其實明明知道,這個城市太會偽裝,愛情就像霓虹燈一樣,誰離開之後卻把燈忘了關,讓夢作的太輝煌;其實明明知道,這個城市太會說謊,愛情只是昂貴的櫥窗,沿路華麗燦爛陳列甜美幻想,誰當真誰就上當。可是還是想去作那初生的弄潮兒。
不知在那個城市等待我的是什麼,是一個成人背後所有的傷疤,還是讓我靈魂淨化的毒液。也許在這個世上男人都是一樣,揮霍了你的崇拜,竟然以為你會不一樣,但憑什麼你要不一樣。才明白,是寂寞太冷,你我虛構出的溫暖,撐不到天亮。
不由得又看了下右下方的時間,0:00。

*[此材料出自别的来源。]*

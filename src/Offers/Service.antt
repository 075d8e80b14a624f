-- ===== src/Offers/Service.antt =====
-- The operations of `OffersService` (src/offers/offers.service.ts).
use gp_connect_server.Common.{
  ℕ, Bool, true, false, not, ◌&&◌, ◌||◌, Option, none, some, [], ◌∷◌, ◌==◌, nat_eq, String, is_set,
  if◌then◌else◌,
}
use gp_connect_server.Schema.{
  User, MissionStatus, mission_status_eq, AdvertisementStatus, Conversation, ConversationStatus,
  conversation_status_eq, MessageOffer, OfferStatus, offer_status_eq, Mission, Transaction,
  TransactionMethod, TransactionStatus,
}
use gp_connect_server.Prisma.{Prisma, Effect}
use gp_connect_server.Handler.{
  Handler, Exception, Reason, ◌>>=◌, ◌>>◌, pure, gets, or_throw, throw_if, when, emit, transaction,
  find_unique, create, update, update_many, users, missions, advertisements, transactions,
  conversations, messages, offers,
}

-- What `loadPendingOffer` returns: the offer with its message's author and conversation.
pub record LoadedOffer : Type 0 where
  pub offer : MessageOffer
  pub author_id : ℕ
  pub conversation : Conversation

-- The arguments of `applyAcceptance`, with the id that the row of the transaction draws.
pub record Deal : Type 0 where
  pub new_id : ℕ
  pub offer_id : ℕ
  pub price : ℕ
  pub carrier_id : ℕ
  pub mission_id : ℕ
  pub conversation_id : ℕ

abbrev pub deal_of : ℕ → LoadedOffer → ℕ → Deal
deal_of new_id l mission_id = record {
  new_id = new_id;
  offer_id = l.offer.id;
  price = l.offer.price;
  carrier_id = l.conversation.carrier_id;
  mission_id = mission_id;
  conversation_id = l.conversation.id;
}

-- The columns that an acceptance sets on the mission and on the chosen offer.
abbrev pub engaged : Deal → Mission → Mission
engaged d m = record m {
  carrier_id = some d.carrier_id;
  negotiated_price = d.price;
  status = MissionStatus.accepted;
}

abbrev pub settled : Deal → MessageOffer → MessageOffer
settled d o = record o { mission_id = some d.mission_id; status = OfferStatus.accepted }

abbrev pub payment : Deal → Transaction
payment d = record {
  id = d.new_id;
  amount = d.price;
  method = TransactionMethod.cash;
  status = TransactionStatus.pending;
  mission_id = d.mission_id;
}

-- The filter `message: { conversationId }` on an offer.
abbrev pub in_conversation : (P : Prisma) → P.message.Table → ℕ → MessageOffer → Bool
in_conversation P t conversation_id o = elim (P.message.find_unique o.id t) [
  | none ↦ false
  | some m ↦ m.conversation_id == conversation_id
]

-- The other rows that an acceptance writes.
abbrev pub is_rival_offer : (P : Prisma) → P.message.Table → Deal → MessageOffer → Bool
is_rival_offer P t d o =
    not (o.id == d.offer_id)
    && (o.status == OfferStatus.pending && in_conversation P t d.conversation_id o)

abbrev pub is_rival_mission : Deal → ℕ → Mission → Bool
is_rival_mission d advertisement_id m =
    m.advertisement_id == advertisement_id
    && (not (m.id == d.mission_id) && m.status == MissionStatus.pending)

abbrev pub is_rival_conversation : Deal → ℕ → Conversation → Bool
is_rival_conversation d advertisement_id c =
    c.advertisement_id == advertisement_id
    && (not (c.id == d.conversation_id) && c.status == ConversationStatus.active)

abbrev pub is_party : ℕ → Conversation → Bool
is_party user_id c = user_id == c.shipper_id || user_id == c.carrier_id

-- A mail is sent to a user with an address who has not switched mails off.
abbrev pub non_empty : String → Bool
non_empty String.[] = false
non_empty (String.◌∷◌ _ _) = true

abbrev pub muted : Option Bool → Bool
muted (some false) = true
muted _ = false

abbrev pub takes_mail : User → Bool
takes_mail u = non_empty u.email && not (muted u.notify_email)

abbrev pub kyc_verified : Option User → Bool
kyc_verified none = false
kyc_verified (some u) = is_set u.id_card_verified_at

module _ {P : Prisma} where
  -- `offers.findUnique` with the message and its conversation, which the foreign keys provide.
  unfoldable pub load_offer : ℕ → Handler P LoadedOffer
  load_offer offer_id = do
    found ← find_unique offers offer_id
    offer ← or_throw (Exception.not_found Reason.offer_not_found) found
    carried ← find_unique messages offer.id
    message ← or_throw Exception.record_not_found carried
    holds ← find_unique conversations message.conversation_id
    conversation ← or_throw Exception.record_not_found holds
    pure (record { offer = offer; author_id = message.author_id; conversation = conversation })

  unfoldable pub load_pending_offer : ℕ → Handler P LoadedOffer
  unfolding load_offer
  load_pending_offer offer_id = do
    loaded ← load_offer offer_id
    throw_if (not (loaded.offer.status == OfferStatus.pending))
        (Exception.bad_request Reason.offer_not_pending)
    pure loaded

  unfoldable pub assert_carrier_kyc_verified : ℕ → Handler P (Unit {0})
  assert_carrier_kyc_verified carrier_id = do
    carrier ← find_unique users carrier_id
    throw_if (not (kyc_verified carrier)) (Exception.forbidden Reason.kyc_missing)

  unfoldable pub settle_conversation_offers : Deal → Handler P (Unit {0})
  settle_conversation_offers d = do
    update offers d.offer_id (settled d)
    t ← gets (λ w. w.messages)
    update_many offers (is_rival_offer P t d) (λ o. record o { status = OfferStatus.rejected })
    pure tt

  unfoldable pub close_competing_missions : Deal → ℕ → Handler P (Unit {0})
  close_competing_missions d advertisement_id = do
    update_many missions (is_rival_mission d advertisement_id)
        (λ m. record m { status = MissionStatus.cancelled })
    update_many conversations (is_rival_conversation d advertisement_id)
        (λ c. record c { status = ConversationStatus.archived })
    pure tt

  -- The cascade of an acceptance.
  unfoldable pub apply_acceptance : Deal → Handler P (Option MessageOffer)
  unfolding settle_conversation_offers close_competing_missions
  apply_acceptance d = do
    found ← find_unique missions d.mission_id
    mission ← or_throw (Exception.not_found Reason.mission_not_found) found
    throw_if (not (mission.status == MissionStatus.pending))
        (Exception.bad_request Reason.already_accepted)
    n ←
        update_many missions (λ m. m.id == d.mission_id && m.status == MissionStatus.pending)
          (engaged d)
    throw_if (n == 0) (Exception.bad_request Reason.already_accepted)
    update advertisements mission.advertisement_id
        (λ a. record a { status = AdvertisementStatus.in_progress })
    settle_conversation_offers d
    create transactions (λ t. t.id == d.new_id || t.mission_id == d.mission_id) (payment d)
    close_competing_missions d mission.advertisement_id
    find_unique offers d.offer_id

  unfoldable pub notify_offer_accepted : ℕ → ℕ → ℕ → Handler P (Unit {0})
  notify_offer_accepted author_id price mission_id = do
    found ← find_unique users author_id
    elim found [
      | none ↦ pure tt
      | some u ↦ when (takes_mail u) (emit (Effect.offer_accepted_mail u.email price mission_id))
    ]

  -- The guards of `accept` on who accepts; returns the mission that the conversation is about.
  unfoldable pub acceptance_guards : ℕ → LoadedOffer → Handler P ℕ
  unfolding assert_carrier_kyc_verified
  acceptance_guards user_id l = do
    throw_if (not (is_party user_id l.conversation)) (Exception.forbidden Reason.unspecified)
    throw_if (l.author_id == user_id) (Exception.forbidden Reason.own_offer)
    mission_id ← or_throw (Exception.bad_request Reason.no_mission) l.conversation.mission_id
    assert_carrier_kyc_verified l.conversation.carrier_id
    pure mission_id

  -- The rest of `accept`, once the offer is loaded and the guards have passed.
  unfoldable pub commit_acceptance : ℕ → LoadedOffer → ℕ → Handler P (Option MessageOffer)
  commit_acceptance new_id l mission_id = do
    result ← transaction (apply_acceptance (deal_of new_id l mission_id))
    emit (Effect.offer_updated result l.conversation.id)
    emit (Effect.mission_status_changed mission_id MissionStatus.accepted (l.conversation.id ∷ []))
    notify_offer_accepted l.author_id l.offer.price mission_id
    pure result

  unfoldable pub accept : ℕ → ℕ → ℕ → Handler P (Option MessageOffer)
  accept new_id offer_id user_id = do
    loaded ← load_pending_offer offer_id
    mission_id ← acceptance_guards user_id loaded
    commit_acceptance new_id loaded mission_id

  -- The guards of `update` where the status is not ACCEPTED.
  unfoldable pub rejection_guards : ℕ → LoadedOffer → Handler P (Unit {0})
  rejection_guards user_id l = do
    throw_if (not (l.offer.status == OfferStatus.pending))
        (Exception.bad_request Reason.offer_not_pending)
    throw_if (not (is_party user_id l.conversation)) (Exception.forbidden Reason.unspecified)
    throw_if (l.author_id == user_id) (Exception.forbidden Reason.own_offer)

  unfoldable pub commit_rejection : ℕ → OfferStatus → ℕ → Handler P (Option MessageOffer)
  commit_rejection offer_id status conversation_id = do
    n ←
        update_many offers (λ o. o.id == offer_id && o.status == OfferStatus.pending)
          (λ o. record o { status = status })
    throw_if (n == 0) (Exception.bad_request Reason.offer_not_pending)
    updated ← find_unique offers offer_id
    emit (Effect.offer_updated updated conversation_id)
    pure updated

  -- `update` of PATCH /offers/:id.
  unfoldable pub update_offer_status : ℕ → ℕ → ℕ → OfferStatus → Handler P (Option MessageOffer)
  update_offer_status new_id offer_id user_id status =
      if status == OfferStatus.accepted then accept new_id offer_id user_id else (do
        loaded ← load_offer offer_id
        rejection_guards user_id loaded
        commit_rejection offer_id status loaded.conversation.id)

這個時候那個城市此刻在上演著什麼樣的故事,我渴望知道又害怕知道,愛情是什麼樣的形狀,友情是什麼樣的顏色,親情是什麼樣的濃度,也許一切只是零,是虛空,一任希望的城堡,無情地陷落?
既然選擇了前進轉彎,就別怕跌跌撞撞、迷宮打轉。
晚安,深圳。繁華落盡,才能沁出蒼涼。一個受了點傷的人準備去那接受更大的手術。書 包 網 txt小說上傳分享
天黑黑
靈兒:其實,我多想,有一天一覺醒來,我還在那個無憂無慮的仙靈島,姥姥還在,一切都沒有變,這一切,只是一場很長很長的惡夢。
阿奴:那你要不要認識李逍遙?
靈兒:我不要。
阿奴:你真的這樣想嗎?
——《仙劍奇俠傳1》
黑夜降臨,人生如夢。
夢裡面我們是一片樹葉,慢慢地在蟄伏的成長中去深味春夏秋冬的陽光雨露和雨打凋零——
總之,都有雨,雨是哭泣,是滋潤生命、蓬勃記憶的哭泣,在收穫的秋季、在泛黃的記憶裡潮溼了樹的年輪。